Ama senza rinnegare te stesso. Ama come fosse l'ultimo giorno senza conservarti, completamente senza limiti o barriere. (Gabriela Mistral)

Mettiti alla presenza del Signore. Entra nella preghiera ascoltando il canto. Fa' un lento segno di croce. Chiedi allo Spirito la pace interiore e la libertà di cuore per accogliere la Parola che oggi ci viene donata.

Leggi con attenzione il brano. Prova a visualizzare la scena, il luogo in cui avviene, i personaggi principali, le parole che si scambiano, il tono delle voci, i gesti. Lascia affiorare il tuo sentire, senza censure, senza giudizi.

Dal Vangelo secondo Giovanni

In quel tempo, Gesù disse a Nicodemo: «Dio infatti ha tanto amato il mondo da dare il Figlio unigenito, perché chiunque crede in lui non vada perduto, ma abbia la vita eterna. Dio, infatti, non ha mandato il Figlio nel mondo per condannare il mondo, ma perché il mondo sia salvato per mezzo di lui. Chi crede in lui non è condannato; ma chi non crede è già stato condannato, perché non ha creduto nel nome dell'unigenito Figlio di Dio.

E il giudizio è questo: la luce è venuta nel mondo, ma gli uomini hanno amato più le tenebre che la luce, perché le loro opere erano malvagie. Chiunque infatti fa il male, odia la luce, e non viene alla luce perché le sue opere non vengano riprovate. Invece chi fa la verità viene verso la luce, perché appaia chiaramente che le sue opere sono state fatte in Dio».

Interroga il testo cercando di coglierne il messaggio essenziale (cosa rivela di Dio, dell'uomo, del mondo, dei valori fondamentali). Colto il messaggio applicalo alla tua vita. Che cosa ti dice il testo? Dialoga con il Signore confidando quel che ti è sorto nel cuore. Se ti sono d'aiuto, utilizza gli spunti per meditare il brano.

In questo brano Giovanni ci consegna il nucleo incandescente del suo Vangelo: Dio ha tanto amato il mondo da dare suo Figlio. È il versetto centrale del quarto Vangelo, il versetto dello stupore che rinasce ogni volta, ad ogni ascolto. Il versetto dal quale scaturisce la storia di Dio con noi.
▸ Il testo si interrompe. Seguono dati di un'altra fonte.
-- ===== src/Url/Tests.antt =====
-- `parse` on URLs like those of test/http_test.cpp, and the theorems at them.
use libcoio.Base.{◌≡◌, refl, codes, find}
use libcoio.ResultType.{from_value, from_error}
use libcoio.Url.{Url, invalid_host, parse}
use libcoio.Url.Splits.{Splits, parse_iff}

abbrev search_url : Url
search_url = record {
  proto = codes "http";
  host = codes "a.org";
  path = codes "/s";
  query = codes "q=1";
}

parse-search_url : parse (codes "http://a.org/s?q=1") ≡ from_value search_url
unfolding parse find
parse-search_url = refl

parse_no_path : parse (codes "http://a.org") ≡ from_error invalid_host
unfolding parse find
parse_no_path = refl

parse_iff_example : Splits (codes "http://a.org/s?q=1") search_url
parse_iff_example = (parse_iff (codes "http://a.org/s?q=1") search_url).0 parse-search_url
Tra Dio e il mondo, due realtà che tutto dice lontanissime e divergenti, queste parole tracciano il punto di convergenza, il ponte su cui si incontrano e si abbracciano finito ed infinito: l'amore, divino nell'uomo, umano in Dio.

Dio ha amato: un verbo al passato, per indicare un'azione che è da sempre, che continua nel presente, e il mondo ne è intriso. Noi non siamo cristiani perché amiamo Dio. Siamo cristiani perché crediamo che Dio ci ama. Tanto da dare suo Figlio: Dio ha considerato ogni nostra persona, questo niente cui ha donato un cuore, più importante di se stesso. Ha amato me quanto ha amato Gesù. E questo sarà per sempre: io amato come Cristo. E non solo l'uomo, è il mondo intero che è amato, dice Gesù, la terra è amata, e gli animali e le piante e la creazione tutta.

E se Egli ha amato il mondo, anch'io devo amare questa terra, i suoi spazi, i suoi figli, il suo verde, i suoi fiori, la sua bellezza. Terra amata. Dio ha tanto amato, e noi come lui: «Abbiamo bisogno di tanto amore per vivere bene» (J. Maritain). Quando amo in me si raddoppia la vita, aumenta la forza, sono felice. Ogni mio gesto di cura, di tenerezza, di amicizia porta in me la forza di Dio, spalanca una finestra sull'infinito.

A queste parole la notte di Nicodemo si illumina. Lui, il fariseo pauroso, troverà il coraggio, prima impensabile, di reclamare da Pilato il corpo del crocifisso. Dio non ha mandato il Figlio per giudicare il mondo, ma perché il mondo sia salvato, perché chi crede abbia la vita. A Dio non interessa istruire processi contro di noi, neppure per assolverci nell'ultimo giorno. La vita degli amati non è a misura di tribunale, ma a misura di fioritura e di abbraccio. Cristo, venuto come intenzione di bene, sta dentro la vita come datore di vita e ci chiama ad escludere dall'immagine che abbiamo di Lui, a escludere per sempre, qualsiasi intenzione punitiva, qualsiasi paura.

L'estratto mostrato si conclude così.